According to the American Medical Association (AMA), the women’s condition is formally known as cerebral venous sinus thrombosis in combination with thrombocytopenia. In simple terms, the condition causes low levels of healthy blood clotting and increases the prevalence of adverse clotting in the veins of the brain. Patients are vulnerable to spontaneous bleeding, dangerous levels of blood loss after minor injuries and brain hemorrhages.

The rare combination of brain clotting and low platelet counts means that physicians can not treat the patients with the blood thinner heparin, which is typically viewed as a cure for clotting issues. Instead, the FDA recommended that healthcare officials use non-heparin blood thinners and high-dose intravenous immune globulin (IVIG), according to NBC News.

In light of the CDC’s and FDA’s joint recommendation, all 50 states and the District of Columbia have paused administration of the Johnson & Johnson vaccine. The federal government has recommended that recipients of the vaccine seek medical attention if they experience a severe headache, shortness of breath, abdominal pain or leg pain within six to 13 days of receiving the Janssenvaccine.

Five of the six women initially sought medical treatment for a headache and later developed more severe symptoms related to the clots. However, headaches are also a typical side effect of the Johnson & Johnson vaccine and may not necessarily merit medical attention. According to the AMA, health officials suggest that patients consider the severity and timing of their headaches, as those associated with the blood clotting condition are severe and occur one-to-two weeks after vaccination, whereas most normal side effects of the vaccine disappear after 48 hours.

Per the AMA, Dr. Peter Marks, director of the FDA’s Center for Biologics Evaluation and Research, advised physicians to ask patients, “Is this like headaches you’ve had before? Or is the quality of the headache something that you’ve never experienced before?”

Marks encouraged individuals to seek immediate treatment if they experience a combination of symptoms or speckles on their hands and shins. Speckles signify internal bleeding, which can be life-threatening.

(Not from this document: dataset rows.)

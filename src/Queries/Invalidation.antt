-- ===== src/Queries/Invalidation.antt =====
-- Which cached queries each invalidation reaches: invalidateSessionQueries.ts, and the invalidations
-- of useTaxExpert.ts and useBudget.ts. A filter `{ queryKey }` is compared by react-query;
-- `matches` says how.
pub mod Modules
pub mod Scoped
use finance_buddy.Prelude.{
  Bool, List, Option, String, Text, [], any, codes, false, if◌then◌else◌, map, none, some, text_eq,
  true, ◌&&◌, ◌==◌, ◌||◌, ◌∷◌, ◌≡◌,
}
use finance_buddy.Queries.Key.{Part, Key, name, str, nothing}

pub data Filter : Type 0 where
  every : Filter
  query_key : Key → Filter
  predicate : (Key → Bool) → Filter

-- What the filters of the program need of react-query's comparison: it asks whether the texts of
-- the filter's key begin the query's key.
pub record ComparesPrefix (matches : Key → Key → Bool) : Type 0 where
  pub matches_nil : (key : Key) → matches [] key ≡ true
  pub matches_str :
      (a b : Text) (prefix key : Key)
      → matches (str a ∷ prefix) (str b ∷ key) ≡ (text_eq a b && matches prefix key)
  pub matches_nothing :
      (a : Text) (prefix key : Key) → matches (str a ∷ prefix) (nothing ∷ key) ≡ false
  pub matches_short : (a : Text) (prefix : Key) → matches (str a ∷ prefix) [] ≡ false

-- Whether one of the invalidations reaches a key.
unfoldable pub reaches : (Key → Key → Bool) → List Filter → Key → Bool
reaches matches [] key = false
reaches matches (every ∷ filters) key = true
reaches matches (query_key prefix ∷ filters) key = matches prefix key || reaches matches filters key
reaches matches (predicate p ∷ filters) key = p key || reaches matches filters key

abbrev pub mf_root_keys : List Text
mf_root_keys =
    codes "summary"
    ∷ codes "overview"
    ∷ codes "benchmark-overlay"
    ∷ codes "holdings"
    ∷ codes "allocation"
    ∷ codes "performance"
    ∷ codes "rebalance"
    ∷ codes "tax-harvest"
    ∷ codes "sip-projection"
    ∷ codes "xirr-by-fy"
    ∷ codes "sip-attribution"
    ∷ codes "what-if"
    ∷ codes "mandate-overlap"
    ∷ codes "insights"
    ∷ codes "journey"
    ∷ codes "fund-insights"
    ∷ codes "transactions"
    ∷ codes "rollingReturns"
    ∷ codes "assetHistory"
    ∷ codes "tickerSearch"
    ∷ codes "whatIfSearch"
    ∷ []

abbrev pub is_mf_key : Key → Bool
is_mf_key (str root ∷ rest) = any (text_eq root) mf_root_keys
is_mf_key _ = false

unfoldable pub invalidate_mutual_fund_queries : List Filter
invalidate_mutual_fund_queries = predicate is_mf_key ∷ []

unfoldable pub invalidate_equity_queries : List Filter
invalidate_equity_queries = query_key (name "equity" ∷ []) ∷ []

abbrev pub tax_root_keys : List String
tax_root_keys =
    "tax-expert-summary" ∷ "tax-expert-income" ∷ "tax-expert-capital-gains" ∷ "tax-expert-compare"
    ∷ "tax-expert-itr" ∷ "tax-history" ∷ "tax-sessions" ∷ "accounts-summary" ∷ []

unfoldable pub invalidate_tax_queries : List Filter
invalidate_tax_queries = map (λ root. query_key (name root ∷ [])) tax_root_keys

unfoldable pub invalidate_budget_queries : List Filter
invalidate_budget_queries = query_key (name "budget" ∷ []) ∷ []

unfoldable pub invalidate_module_queries : String → List Filter
unfolding invalidate_mutual_fund_queries invalidate_equity_queries invalidate_tax_queries
    invalidate_budget_queries
invalidate_module_queries m =
    if m == "mutual_funds"
    then invalidate_mutual_fund_queries
    else if (m == "equity") || (m == "indian_stocks")
    then invalidate_equity_queries
    else if m == "tax_expert"
    then invalidate_tax_queries
    else if m == "budget"
    then invalidate_budget_queries
    else every ∷ []

abbrev pub session_root_keys : List String
session_root_keys =
    "tax-expert-summary" ∷ "tax-expert-capital-gains" ∷ "tax-expert-compare" ∷ "tax-expert-income"
    ∷ []

-- useTaxExpert.ts: after an override or a changed cost in one session.
unfoldable pub invalidate_session_queries : Option Text → List Filter
invalidate_session_queries none = []
invalidate_session_queries (some []) = []
invalidate_session_queries (some (c ∷ sid)) =
    map (λ root. query_key (name root ∷ str (c ∷ sid) ∷ [])) session_root_keys

abbrev analytics_keys : List Text
analytics_keys = codes "overview" ∷ codes "categories" ∷ codes "transactions" ∷ []

abbrev is_analytics_part : Part → Bool
is_analytics_part (str second) = any (text_eq second) analytics_keys
is_analytics_part _ = false

abbrev is_analytics_key : Key → Bool
is_analytics_key (str root ∷ (second ∷ rest)) =
    text_eq root (codes "budget") && is_analytics_part second
is_analytics_key _ = false

-- useBudget.ts: after transactions were put into other categories.
unfoldable pub invalidate_budget_analytics : List Filter
invalidate_budget_analytics = predicate is_analytics_key ∷ []
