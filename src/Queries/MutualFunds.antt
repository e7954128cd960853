-- ===== src/Queries/MutualFunds.antt =====
-- frontend/src/domains/mutual-funds/hooks/useData.ts: each hook as the query that it makes of the
-- store. An argument with a default value is an option.
use finance_buddy.Api.MutualFunds
use finance_buddy.Api.MutualFunds.{
  get_summary, get_overview, get_benchmark_overlay, get_holdings, get_what_if, get_tax_harvest,
  get_xirr_by_fy, get_mandate_overlap, get_insights, get_fund_insights, request, get_transactions,
  get_rebalance_plan, Call, get_performance, get_sip_projection, get_journey, get_sip_attribution,
  get_allocation,
}
use finance_buddy.Api.Request.{Params, text, num}
use finance_buddy.Prelude.{
  Bool, List, Option, String, Text, [], codes, false, is_empty, not, text_eq, true, truthy, ◌&&◌,
  ◌∷◌,
}
use finance_buddy.Queries.Key.{fields, Part, Query, spread, join, name, id_part, str, forced}
use finance_buddy.Store.{Plan, AppState, session_id, all, given, direct, regular}

pub data Hook : Type 0 where
  use_summary : (benchmark : Option Text) → Hook
  use_overview : (period : Text) (benchmark : Option Text) → Hook
  use_benchmark_overlay : (period : Text) (benchmarks : List Text) → Hook
  use_holdings : (extra : Params) → Hook
  use_allocation use_tax_harvest use_xirr_by_fy use_sip_attribution use_mandate_overlap use_insights
        use_journey :
      Hook
  use_performance : (period : Text) (extra : Params) → Hook
  use_rebalance_plan : (profile : Text) → Hook
  use_sip_projection : (params : Params) → Hook
  use_what_if : (params : Params) (enabled : Bool) → Hook
  use_fund_insights : (isin : Text) (fund_name : Option Text) → Hook
  use_transactions : (fund : Option Text) → Hook

abbrev plan_text : Plan → Text
plan_text all = codes "All"
plan_text direct = codes "Direct"
plan_text regular = codes "Regular"

unfoldable pub use_filter_params : AppState → Params
use_filter_params s =
    ("benchmark", text (codes s.filters.benchmark))
    ∷ ("category", text (join s.filters.categories))
    ∷ ("amc", text (join s.filters.amcs))
    ∷ ("plan", text (plan_text s.filters.plan))
    ∷ ("min_alloc", num s.filters.min_alloc)
    ∷ []

abbrev query_of : Option Text → String → List Part → MutualFunds.Call → Query
query_of sid root rest call = record {
  key = name root ∷ id_part sid ∷ rest;
  request = MutualFunds.request call;
  enabled = truthy sid;
}

abbrev is_nonempty_list : List Text → Bool
is_nonempty_list [] = false
is_nonempty_list (t ∷ ts) = true

unfoldable pub query : AppState → Hook → Query
unfolding session_id use_filter_params spread MutualFunds.request
query s (use_summary benchmark) =
    let b = given benchmark (codes "Nifty 50") in
    let sid = session_id s in
    query_of sid "summary" (str b ∷ []) (get_summary (forced sid) (("benchmark", text b) ∷ []))
query s (use_overview period benchmark) =
    let b = given benchmark (codes "Nifty 50") in
    let sid = session_id s in
    query_of sid "overview" (str period ∷ str b ∷ [])
      (get_overview (forced sid) (("period", text period) ∷ ("benchmark", text b) ∷ []))
query s (use_benchmark_overlay period benchmarks) =
    let bs = join benchmarks in
    let sid = session_id s in
    record (query_of sid "benchmark-overlay" (str period ∷ str bs ∷ []) (
      get_benchmark_overlay (forced sid)
        (("period", text period) ∷ ("benchmarks", text bs) ∷ []))) {
          enabled = truthy sid && is_nonempty_list benchmarks;
        }
query s (use_holdings extra) =
    let sid = session_id s in
    let p = use_filter_params s in
    query_of sid "holdings" (fields p ∷ fields extra ∷ [])
      (get_holdings (forced sid) (spread p extra))
query s use_allocation =
    let sid = session_id s in
    let p = use_filter_params s in
    query_of sid "allocation" (fields p ∷ []) (get_allocation (forced sid) p)
query s (use_performance period extra) =
    let sid = session_id s in
    let p = use_filter_params s in
    query_of sid "performance" (str period ∷ fields p ∷ fields extra ∷ [])
      (get_performance (forced sid) (spread (spread p (("period", text period) ∷ [])) extra))
query s (use_rebalance_plan profile) =
    let sid = session_id s in
    query_of sid "rebalance" (str profile ∷ [])
      (get_rebalance_plan (forced sid) (("profile", text profile) ∷ []))
query s use_tax_harvest =
    let sid = session_id s in query_of sid "tax-harvest" [] (get_tax_harvest (forced sid))
query s (use_sip_projection params) =
    let sid = session_id s in
    query_of sid "sip-projection" (fields params ∷ []) (get_sip_projection (forced sid) params)
query s use_xirr_by_fy =
    let sid = session_id s in query_of sid "xirr-by-fy" [] (get_xirr_by_fy (forced sid))
query s use_sip_attribution =
    let sid = session_id s in query_of sid "sip-attribution" [] (get_sip_attribution (forced sid))
query s (use_what_if params enabled) =
    let sid = session_id s in
    record (query_of sid "what-if" (fields params ∷ []) (get_what_if (forced sid) params)) {
      enabled = truthy sid && enabled;
    }
query s use_mandate_overlap =
    let sid = session_id s in query_of sid "mandate-overlap" [] (get_mandate_overlap (forced sid))
query s use_insights =
    let sid = session_id s in
    let b = codes s.filters.benchmark in
    query_of sid "insights" (str b ∷ []) (get_insights (forced sid) (("benchmark", text b) ∷ []))
query s use_journey = let sid = session_id s in query_of sid "journey" [] (get_journey (forced sid))
query s (use_fund_insights isin fund_name) =
    let n = given fund_name [] in
    let sid = session_id s in
    record (query_of sid "fund-insights" (str isin ∷ str n ∷ [])
      (get_fund_insights (forced sid) isin (("name", text n) ∷ []))) {
        enabled = truthy sid && not (is_empty isin) && not (text_eq isin (codes "N/A"));
      }
query s (use_transactions fund) =
    let f = given fund [] in
    let sid = session_id s in
    query_of sid "transactions" (str f ∷ []) (get_transactions (forced sid) (("fund", text f) ∷ []))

FDA and CDC committees are meeting this week to consider how to best proceed, and they plan to release a statement on Friday. Dr. Anthony Fauci, director of the National Institute of Allergy and Infectious Diseases, told New York Magazine that he anticipates the continued administration of the vaccine with warning labels conveying its benefits and risks.

Additionally, the pause is not likely to affect America’s vaccine rollout, per Vox. The ample supply of Pfizer and Moderna doses neither of which have reported issues with clotting and increasing vaccination rates means the United States is on track to vaccinate all adults by mid-July.

“The supply is there,” Jen Kates, director of global health and HIV policy at the Kaiser Family Foundation, told Vox. “We’re still in a good position.”